■ Stored data:
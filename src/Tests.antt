-- ===== src/Tests.antt =====
-- Concrete inputs at which the theorems apply, for the code under src/cw.
pub mod ListMap
pub mod Stores
pub mod Configs
pub mod Sets
pub mod Transport
pub mod Messages
pub mod Queues
pub mod Lists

■ Problem to solve: Each of the records shown above needs to be repeated exactly.

■ Task answer:
filename src/Tests.antt
-- ===== src/Tests.antt =====
-- Concrete inputs at which the theorems apply, for the code under src/cw.
pub mod ListMap
pub mod Stores
pub mod Configs
pub mod Sets
pub mod Transport
pub mod Messages
pub mod Queues
pub mod Lists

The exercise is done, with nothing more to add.